# What's a good brewer?



## PPapa (Oct 24, 2015)

Before I got into espresso, I was really enjoying brewed coffee. Then the gooseneck kettle broke, got an espresso grinder and brewed coffee was kind of forgotten - it's just a mean to get coffee at work or when being out and about. I'd like to get back to it, but would prefer an automated brewer. One cup is enough.

What's the best? Brehmor, Technivorm, Wilfa?


----------



## ashcroc (Oct 28, 2016)

PPapa said:


> Before I got into espresso, I was really enjoying brewed coffee. Then the gooseneck kettle broke, got an espresso grinder and brewed coffee was kind of forgotten - it's just a mean to get coffee at work or when being out and about. I'd like to get back to it, but would prefer an automated brewer. One cup is enough.
> 
> What's the best? Brehmor, Technivorm, Wilfa?


Have you seen this one in the for sale section?


----------



## PPapa (Oct 24, 2015)

ashcroc said:


> Have you seen this one in the for sale section?


I did - and it's taken now! I didn't realise Wilfa Svart Precision is £400+, so there doesn't seem to be much else in the market.


----------



## ashcroc (Oct 28, 2016)

PPapa said:


> I did - and it's taken now! I didn't realise Wilfa Svart Precision is £400+, so there doesn't seem to be much else in the market.


That's a pity though I'm not surprised it didn't last long.

Hasbean have them for £150 which is half the price of this automatic chemex so not bad value!


----------



## Iris (Oct 29, 2018)

Have you considered the clever dripper, great if you just want 1 cup, cheap portable and simple to use and clean.


----------



## the_partisan (Feb 29, 2016)

What volume do you mean by 1 cup? I don't think any of these brewers will work optimally for


----------



## MWJB (Feb 28, 2012)

Technivorm do a 1 cup brewer.

For a semi auto brewer, I use an OXO pourover tank with a Kalita 185 in steel & 155 papers. I use a regular kettle that boils just the water I need, that I weigh out into the kettle (+5g to allow for evaporation). Quicker than a Clever.

You could use the OXO pourover as it comes, but I'm not yet sure that it works without a degree of intervention.


----------



## PPapa (Oct 24, 2015)

the_partisan said:


> What volume do you mean by 1 cup? I don't think any of these brewers will work optimally for
> 
> Something around 300-350ml, I'd think.
> 
> ...


----------



## the_partisan (Feb 29, 2016)

For example the preinfusion feature in Behmor isn't smart enough to figure out what brew size you are making, so it will do it based on a % of the full batch size so if you only have 300ml water in there it will use more than half for pre-infusion. Most of these auto-drip brewers work best with the full batch. I think the new Sage Precision brewer is supposed to be a bit smarter and figure out how much water you have? I'm not 100% though.

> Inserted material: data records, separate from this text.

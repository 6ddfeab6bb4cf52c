-- ===== src/Scheduling/Uuids/Parse.antt =====
-- uuid.UUID(text): the number that a text in one of the accepted forms stands for.
use runlet.Prelude.{
  ℕ, zero, suc, ◌+◌, ◌-◌, ◌*◌, Bool, true, false, ◌&&◌, ◌||◌, not, Option, none, some, [], ◌∷◌,
  Text, text, if◌then◌else◌, leb, nat_beq, ◌==◌, nat_eq, list_eq, filter, strip, length, drop, take,
}
use mathlib.Core.List.{reverse}
use runlet.Prelude.Texts.{drop_while}

-- text.replace(word, ""), for a word that is not empty; the fuel is the length of the text.
unfoldable pub remove_word : ℕ → Text → Text → Text
remove_word zero word s = s
remove_word (suc fuel) word [] = []
remove_word (suc fuel) word (c ∷ s) =
    let cut = remove_word fuel word (drop (length word) (c ∷ s)) in
    let kept = c ∷ remove_word fuel word s in
    if take (length word) (c ∷ s) == word then cut else kept

abbrev pub is_brace : ℕ → Bool
is_brace c = nat_beq c b'{' || nat_beq c b'}'

-- text.strip("{}")
unfoldable pub strip_braces : Text → Text
unfolding drop_while
strip_braces s = reverse (drop_while is_brace (reverse (drop_while is_brace s)))

-- The value of a hexadecimal digit.
unfoldable pub hex_value : ℕ → Option ℕ
hex_value c =
    if leb b'0' c && leb c b'9'
    then some (c - b'0')
    else if leb b'a' c && leb c b'f'
    then some (c - 87)
    else if leb b'A' c && leb c b'F'
    then some (c - 55)
    else none

-- The digits of an int literal in base 16, with single underscores between them.
abbrev pub hex_step : (ℕ → Bool → Option ℕ) → ℕ → Bool → ℕ → Option ℕ → Option ℕ
hex_step rest acc after_underscore c (some d) = rest (acc * 16 + d) false
hex_step rest acc after_underscore c none =
    if nat_beq c b'_' && not after_underscore then rest acc true else none

unfoldable pub hex_loop : Text → ℕ → Bool → Option ℕ
unfolding hex_value
hex_loop [] acc after_underscore = if after_underscore then none else some acc
hex_loop (c ∷ s) acc after_underscore = hex_step (hex_loop s) acc after_underscore c (hex_value c)

-- After the prefix `0x` one underscore may stand; without it, the first is a digit.
abbrev pub after_prefix : Text → Option ℕ
unfolding hex_loop
after_prefix [] = none
after_prefix (c ∷ s) = hex_loop (c ∷ s) 0 false

unfoldable pub unprefixed : Text → Option ℕ
unfolding hex_loop
unprefixed (c ∷ (d ∷ s)) =
    if nat_beq c b'0' && (nat_beq d b'x' || nat_beq d b'X')
    then after_prefix s
    else hex_loop (c ∷ (d ∷ s)) 0 true
unprefixed s = hex_loop s 0 true

-- int(text, 16) for a text with no hyphen; digits of other scripts are left out.
unfoldable pub unsigned : Text → Option ℕ
unfolding unprefixed
unsigned [] = none
unsigned (c ∷ s) = if nat_beq c b'+' then unprefixed s else unprefixed (c ∷ s)

-- UUID(text): none is the ValueError.
unfoldable pub parse_uuid : Text → Option ℕ
unfolding remove_word strip_braces filter strip unsigned
parse_uuid s =
    let without_urn = remove_word (length s) (text "urn:") s in
    let without_uuid = remove_word (length without_urn) (text "uuid:") without_urn in
    let hex = filter (λ c. not (nat_beq c b'-')) (strip_braces without_uuid) in
    if nat_beq (length hex) 32 then unsigned (strip hex) else none
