-- ===== src/Scheduling/Runtime/Trigger.antt =====
-- The three triggers of SchedulerRuntime: of a published job and of the two kinds of policies. The
-- time of the call is an argument, and so are the ids of new rows. Sessions are left out.
use runlet.Prelude.{
  ℕ, Bool, true, false, ◌||◌, not, Option, none, some, List, [], ◌∷◌, ◌++◌, Text, text,
  if◌then◌else◌, ◌==◌, nat_eq, list_eq, Result, ok, raise, ◌>>=◌,
}
use runlet.Prelude.Values.{pos}
use runlet.Scheduling.Clock.{DateTime, to_utc, minute_key}
use runlet.Scheduling.Jobs.Rows.{accepted, Db}
use runlet.Scheduling.Jobs.Service.{trigger_scheduled_job}
use runlet.Scheduling.Uuids.Parse.{parse_uuid}
use runlet.Scheduling.Policies.{
  active_state, SystemAuthPolicy, SystemCrawlPolicy, PolicyPayload, PolicyJob, Tables, find_row,
}

-- _normalize_time
unfoldable pub normalize_time : DateTime → DateTime
unfolding to_utc
normalize_time value = record { wall = to_utc value; utc_offset = some (pos 0) }

-- _minute_key: datetime.min for a policy that was never triggered.
unfoldable pub policy_minute : Option DateTime → ℕ
unfolding minute_key
policy_minute none = 0
policy_minute (some value) = minute_key value

abbrev pub scheduler_source : Text
scheduler_source = text "scheduler"

-- SqlQueueDispatcher.enqueue, on a payload of a policy.
unfoldable pub enqueue : ℕ → Text → PolicyPayload → List PolicyJob → List PolicyJob
enqueue id job_type payload jobs =
    jobs
    ++ record {
      id = id;
      job_type = job_type;
      payload = payload;
      policy_id = none;
      trigger_source = none;
      scheduled_at = none;
      status = accepted;
    }
      ∷ []

-- The changes to the queued job, which is found by its id.
unfoldable pub note_policy : ℕ → ℕ → DateTime → List PolicyJob → List PolicyJob
note_policy id policy_id run_time [] = []
note_policy id policy_id run_time (job ∷ rest) =
    if job.id == id
    then record job {
      policy_id = some policy_id;
      trigger_source = some scheduler_source;
      scheduled_at = some run_time;
    }
      ∷ rest
    else job ∷ note_policy id policy_id run_time rest

unfoldable pub queue_policy : ℕ → Text → PolicyPayload → List PolicyJob → List PolicyJob
unfolding enqueue note_policy
queue_policy id job_type payload jobs =
    note_policy id payload.policy_id payload.scheduled_at (enqueue id job_type payload jobs)

abbrev pub or_else {ℓ} : {A : Type ℓ} → Option A → Option A → Option A
or_else none other = other
or_else (some a) other = some a

-- By the id of the policy, else by the id of its system.
unfoldable pub load_auth_policy : Tables → ℕ → Option SystemAuthPolicy
unfolding find_row
load_auth_policy t identifier =
    or_else (find_row (λ p. p.id) identifier t.auth_policies)
      (find_row (λ p. p.system_id) identifier t.auth_policies)

unfoldable pub load_crawl_policy : Tables → ℕ → Option SystemCrawlPolicy
unfolding find_row
load_crawl_policy t identifier =
    or_else (find_row (λ p. p.id) identifier t.crawl_policies)
      (find_row (λ p. p.system_id) identifier t.crawl_policies)

-- The row of the policy is changed in place.
unfoldable pub stamp_auth : ℕ → DateTime → List SystemAuthPolicy → List SystemAuthPolicy
stamp_auth id run_time [] = []
stamp_auth id run_time (p ∷ rest) =
    (if p.id == id then record p { last_triggered_at = some run_time } else p)
    ∷ stamp_auth id run_time rest

unfoldable pub stamp_crawl : ℕ → DateTime → List SystemCrawlPolicy → List SystemCrawlPolicy
stamp_crawl id run_time [] = []
stamp_crawl id run_time (p ∷ rest) =
    (if p.id == id then record p { last_triggered_at = some run_time } else p)
    ∷ stamp_crawl id run_time rest

abbrev pub auth_payload : SystemAuthPolicy → DateTime → PolicyPayload
auth_payload policy run_time = record {
  system_id = policy.system_id;
  crawl_scope = none;
  policy_id = policy.id;
  trigger_source = scheduler_source;
  scheduled_at = run_time;
}

abbrev pub crawl_payload : SystemCrawlPolicy → DateTime → PolicyPayload
crawl_payload policy run_time = record {
  system_id = policy.system_id;
  crawl_scope = some policy.crawl_scope;
  policy_id = policy.id;
  trigger_source = scheduler_source;
  scheduled_at = run_time;
}

abbrev pub trigger_auth : Tables → DateTime → ℕ → Option SystemAuthPolicy → Bool × Tables
trigger_auth t run_time queued_id none = (false, t)
trigger_auth t run_time queued_id (some policy) =
    if not policy.enabled || not (policy.state == active_state)
    then (false, t)
    else if policy_minute policy.last_triggered_at == policy_minute (some run_time)
    then (false, t)
    else (
      true,
      record t {
        policy_jobs =
            queue_policy queued_id (text "auth_refresh") (auth_payload policy run_time)
              t.policy_jobs;
        auth_policies = stamp_auth policy.id run_time t.auth_policies;
      },
    )

abbrev pub trigger_crawl : Tables → DateTime → ℕ → Option SystemCrawlPolicy → Bool × Tables
trigger_crawl t run_time queued_id none = (false, t)
trigger_crawl t run_time queued_id (some policy) =
    if not policy.enabled || not (policy.state == active_state)
    then (false, t)
    else if policy_minute policy.last_triggered_at == policy_minute (some run_time)
    then (false, t)
    else (
      true,
      record t {
        policy_jobs =
            queue_policy queued_id (text "crawl") (crawl_payload policy run_time) t.policy_jobs;
        crawl_policies = stamp_crawl policy.id run_time t.crawl_policies;
      },
    )

-- The ValueError of UUID(text).
pub data UuidError : Type 0 where
  badly_formed : Text → UuidError

abbrev pub or_badly_formed : Text → Option ℕ → Result UuidError ℕ
or_badly_formed s none = raise (badly_formed s)
or_badly_formed s (some id) = ok id

unfoldable pub read_uuid : Text → Result UuidError ℕ
unfolding parse_uuid
read_uuid s = or_badly_formed s (parse_uuid s)

abbrev pub with_db : Tables → Bool × Db → Bool × Tables
with_db t (fired, db) = (fired, record t { jobs = db })

unfoldable pub trigger_published_job_now :
    Tables → Text → DateTime → ℕ → ℕ → Result UuidError (Bool × Tables)
unfolding read_uuid trigger_scheduled_job normalize_time
trigger_published_job_now t published_job_id at run_id queued_id = do
  id ← read_uuid published_job_id
  ok (with_db t (trigger_scheduled_job t.jobs id (normalize_time at) run_id queued_id))

unfoldable pub trigger_auth_policy_now :
    Tables → Text → DateTime → ℕ → Result UuidError (Bool × Tables)
unfolding read_uuid load_auth_policy normalize_time queue_policy stamp_auth policy_minute
trigger_auth_policy_now t policy_id at queued_id = do
  id ← read_uuid policy_id
  ok (trigger_auth t (normalize_time at) queued_id (load_auth_policy t id))

unfoldable pub trigger_crawl_policy_now :
    Tables → Text → DateTime → ℕ → Result UuidError (Bool × Tables)
unfolding read_uuid load_crawl_policy normalize_time queue_policy stamp_crawl policy_minute
trigger_crawl_policy_now t policy_id at queued_id = do
  id ← read_uuid policy_id
  ok (trigger_crawl t (normalize_time at) queued_id (load_crawl_policy t id))
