-- ===== src/RunCheck/Admission.antt =====
-- RunCheckJobHandler.run up to the start of the run: what a payload asks for, and whether the job is
-- refused or skipped.
use runlet.Prelude.{
  ℕ, Bool, true, false, ◌&&◌, ◌||◌, not, Option, none, some, [], ◌++◌, Text, text, strip, is_empty,
  if◌then◌else◌, ◌==◌, nat_eq, list_eq, Value, Result, ok, raise, ◌>>=◌, ◌>>◌, lookup,
}
use runlet.Prelude.Values.{null, str, dict, field_of}
use runlet.Prelude.Search.{lower, has_part, str_or_empty}
use runlet.Scheduling.Jobs.Publish.{uuid_text}
use runlet.Scheduling.Jobs.Rows.{is_paused, PublishedJob}
use runlet.Scheduling.Jobs.Service.{get_job}
use runlet.Scheduling.Uuids.Parse.{parse_uuid}
use runlet.Scheduling.Policies.{find_row}
use runlet.RunCheck.Rows.{
  AssetLifecycleStatus, active, PageAsset, PageCheck, ExecutionRequest, JobRun, Tables,
}

-- The job is marked as failed or as skipped with a message, and so is the run that is given.
pub data Refusal : Type 0 where
  fail skip : Text → Option JobRun → Refusal

abbrev pub asset_retired_failure_message : Text
asset_retired_failure_message = text "asset_retired_missing"

-- raw if isinstance(raw, str) else None
abbrev pub text_or_none : Value → Option Text
text_or_none (str s) = some s
text_or_none _ = none

abbrev pub is_null : Value → Bool
is_null null = true
is_null _ = false

-- _parse_uuid; none for None.
abbrev pub parse_optional : Option Text → Option ℕ
unfolding parse_uuid
parse_optional none = none
parse_optional (some s) = parse_uuid s

-- The id that a text has to be.
abbrev pub required_id : Refusal → Option ℕ → Result Refusal (Option ℕ)
required_id refusal none = raise refusal
required_id refusal (some id) = ok (some id)

-- A value that is None or the text of an id; another value is refused.
unfoldable pub read_published_job_id : Value → Result Refusal (Option ℕ)
unfolding parse_uuid
read_published_job_id raw =
    if is_null raw
    then ok none
    else required_id (fail (text "invalid published_job_id in run_check job payload") none)
        (parse_optional (text_or_none raw))

-- A value that is no text counts as None.
unfoldable pub read_execution_plan_id : Option Text → Result Refusal (Option ℕ)
unfolding parse_uuid
read_execution_plan_id none = ok none
read_execution_plan_id (some s) =
    required_id (fail (text "invalid execution_plan_id in run_check job payload") none)
      (parse_uuid s)

abbrev pub invalid_page_check_id : Refusal
invalid_page_check_id = fail (text "invalid page_check_id in run_check job payload") none

unfoldable pub read_page_check_id : Bool → Value → Result Refusal (Option ℕ)
unfolding parse_uuid
read_page_check_id probe (str s) = required_id invalid_page_check_id (parse_uuid s)
read_page_check_id true null = ok none
read_page_check_id true _ = raise invalid_page_check_id
read_page_check_id false _ =
    raise (fail (text "missing page_check_id in run_check job payload") none)

-- An empty text is refused like one that is no id.
unfoldable pub read_execution_request_id : Option Text → Result Refusal (Option ℕ)
unfolding parse_uuid
read_execution_request_id none = ok none
read_execution_request_id (some s) =
    required_id (fail (text "invalid execution_request_id in run_check job payload") none)
      (if is_empty s then none else parse_uuid s)

-- The parameters of a request, where they are a dict; None is `null`.
abbrev pub dict_or_null : Value → Value
dict_or_null (dict shown fields) = dict shown fields
dict_or_null _ = null

abbrev pub inputs_of_request : ℕ → Option ExecutionRequest → Result Refusal Value
inputs_of_request id none =
    raise (fail (text "execution request " ++ uuid_text id ++ text " not found") none)
inputs_of_request id (some request) = ok (dict_or_null request.template_params)

unfoldable pub runtime_inputs : Tables → Option ℕ → Result Refusal Value
unfolding find_row uuid_text
runtime_inputs t none = ok null
runtime_inputs t (some id) =
    inputs_of_request id (find_row (λ (r : ExecutionRequest). r.id) id t.execution_requests)

-- published_job_id is not None and job_run.published_job_id != published_job_id
abbrev pub is_of_other_job : Option ℕ → JobRun → Bool
is_of_other_job none job_run = false
is_of_other_job (some id) job_run = not (job_run.published_job_id == id)

abbrev pub linked_run : Text → Option ℕ → Option JobRun → Result Refusal (Option JobRun)
linked_run raw published_job_id none =
    raise (fail (text "job run " ++ raw ++ text " not found") none)
linked_run raw published_job_id (some job_run) =
    if is_of_other_job published_job_id job_run
    then raise (fail (text "published_job_id does not match job_run linkage") (some job_run))
    else ok (some job_run)

abbrev pub invalid_job_run_id : Refusal
invalid_job_run_id = fail (text "invalid job_run_id in run_check job payload") none

abbrev pub run_of_id : Tables → Text → Option ℕ → Option ℕ → Result Refusal (Option JobRun)
run_of_id t raw published_job_id none = raise invalid_job_run_id
run_of_id t raw published_job_id (some id) =
    linked_run raw published_job_id (find_row (λ (r : JobRun). r.id) id t.job_runs)

unfoldable pub read_job_run : Tables → Option ℕ → Value → Result Refusal (Option JobRun)
unfolding find_row parse_uuid
read_job_run t published_job_id null = ok none
read_job_run t published_job_id (str raw) = run_of_id t raw published_job_id (parse_uuid raw)
read_job_run t published_job_id _ = raise invalid_job_run_id

-- _retirement_failure_message of a status of the enumeration.
abbrev pub retirement_failure_message : AssetLifecycleStatus → Option Text
retirement_failure_message active = none
retirement_failure_message _ = some asset_retired_failure_message

abbrev pub or_empty : Option Text → Text
or_empty none = []
or_empty (some s) = s

abbrev pub is_given : Option ℕ → Bool
is_given none = false
is_given (some n) = true

unfoldable pub is_retired_pause_marker : PublishedJob → Bool
unfolding lower strip has_part
is_retired_pause_marker job =
    has_part (text "retired") (lower (strip (or_empty job.pause_reason)))
    && (is_given job.paused_by_snapshot_id
        || is_given job.paused_by_asset_id
        || is_given job.paused_by_page_check_id)

abbrev pub paused_reason : Option PublishedJob → Option Text
unfolding is_retired_pause_marker
paused_reason none = none
paused_reason (some job) =
    if is_paused job.state && is_retired_pause_marker job
    then some asset_retired_failure_message
    else none

abbrev pub published_job_reason : Tables → Option ℕ → Option Text
published_job_reason t none = none
published_job_reason t (some id) = paused_reason (get_job id t.published_jobs)

-- The reason of an earlier return, else what follows it.
abbrev pub first_reason : Option Text → Option Text → Option Text
first_reason none other = other
first_reason (some reason) other = some reason

abbrev pub asset_reason : Tables → Option ℕ → Option PageAsset → Option Text
asset_reason t published_job_id none = some asset_retired_failure_message
asset_reason t published_job_id (some asset) =
    first_reason (retirement_failure_message asset.lifecycle_status)
      (published_job_reason t published_job_id)

abbrev pub check_reason : Tables → Option ℕ → Option PageCheck → Option Text
check_reason t published_job_id none = some asset_retired_failure_message
check_reason t published_job_id (some check) =
    first_reason (retirement_failure_message check.lifecycle_status) (
      asset_reason t published_job_id
        (find_row (λ (a : PageAsset). a.id) check.page_asset_id t.page_assets))

unfoldable pub resolve_retirement_skip_reason : Tables → ℕ → Option ℕ → Option Text
unfolding find_row get_job is_retired_pause_marker
resolve_retirement_skip_reason t page_check_id published_job_id =
    check_reason t published_job_id (find_row (λ (c : PageCheck). c.id) page_check_id t.page_checks)

abbrev pub skip_for : Option JobRun → Option Text → Result Refusal (Unit {0})
skip_for job_run none = ok tt
skip_for job_run (some reason) = raise (skip reason job_run)

-- A check is asked whether it is retired, unless it is run as a probe.
unfoldable pub check_retirement :
    Tables → Bool → Option ℕ → Option ℕ → Option JobRun → Result Refusal (Unit {0})
unfolding resolve_retirement_skip_reason
check_retirement t probe none published_job_id job_run = ok tt
check_retirement t true page_check_id published_job_id job_run = ok tt
check_retirement t false (some id) published_job_id job_run =
    skip_for job_run (resolve_retirement_skip_reason t id published_job_id)

pub record Admitted : Type 0 where
  pub execution_track : Text
  pub page_check_id : Option ℕ
  pub execution_plan_id : Option ℕ
  pub runtime_inputs : Value
  pub job_run : Option JobRun
  pub plan_text : Option Text
  pub request_text : Option Text

abbrev pub refuse_if : Bool → Refusal → Result Refusal (Unit {0})
refuse_if true refusal = raise refusal
refuse_if false refusal = ok tt

abbrev pub is_probe : Text → Bool
is_probe execution_track = execution_track == text "realtime_probe"

unfoldable pub admit : Tables → Value → Result Refusal Admitted
unfolding read_published_job_id read_execution_plan_id read_page_check_id read_execution_request_id
    runtime_inputs read_job_run check_retirement lower strip str_or_empty lookup
admit t payload = do
  published_job_id ← read_published_job_id (field_of (text "published_job_id") payload)
  let page_check = field_of (text "page_check_id") payload
  let track = lower (strip (str_or_empty (field_of (text "execution_track") payload)))
  refuse_if (is_null page_check && track == text "realtime")
      (skip (text "realtime execution track is not supported by run_check worker") none)
  let plan_text = text_or_none (field_of (text "execution_plan_id") payload)
  plan_id ← read_execution_plan_id plan_text
  refuse_if (is_probe track && not (is_given plan_id))
      (fail (text "missing execution_plan_id in run_check job payload") none)
  page_check_id ← read_page_check_id (is_probe track) page_check
  let request_text = text_or_none (field_of (text "execution_request_id") payload)
  request_id ← read_execution_request_id request_text
  inputs ← runtime_inputs t request_id
  job_run ← read_job_run t published_job_id (field_of (text "job_run_id") payload)
  check_retirement t (is_probe track) page_check_id published_job_id job_run
  ok (record {
    execution_track = track;
    page_check_id = page_check_id;
    execution_plan_id = plan_id;
    runtime_inputs = inputs;
    job_run = job_run;
    plan_text = plan_text;
    request_text = request_text;
  })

Yes I forgot about the Technivorm 1 cup brewer but have no experience with it.


----------



## PPapa (Oct 24, 2015)

the_partisan said:


> For example the preinfusion feature in Behmor isn't smart enough to figure out what brew size you are making, so it will do it based on a % of the full batch size so if you only have 300ml water in there it will use more than half for pre-infusion. Most of these auto-drip brewers work best with the full batch. I think the new Sage Precision brewer is supposed to be a bit smarter and figure out how much water you have? I'm not 100% though.
> 
> Yes I forgot about the Technivorm 1 cup brewer but have no experience with it.


Ah, good point! Technivorm might be a better call then, although it looks a bit too simple if I ever want to go back and mess with timings, temperature, etc!

I suppose I could push for 500g batch since my primary use is those early hill-day mornings when I am up at 3-4 AM and like sipping a brew while driving for endless hours up North.


----------



## Step21 (Oct 2, 2014)

PPapa said:


> Ah, good point! Technivorm might be a better call then, although it looks a bit too simple if I ever want to go back and mess with timings, temperature, etc!
> 
> I suppose I could push for 500g batch since my primary use is those early hill-day mornings when I am up at 3-4 AM and like sipping a brew while driving for endless hours up North.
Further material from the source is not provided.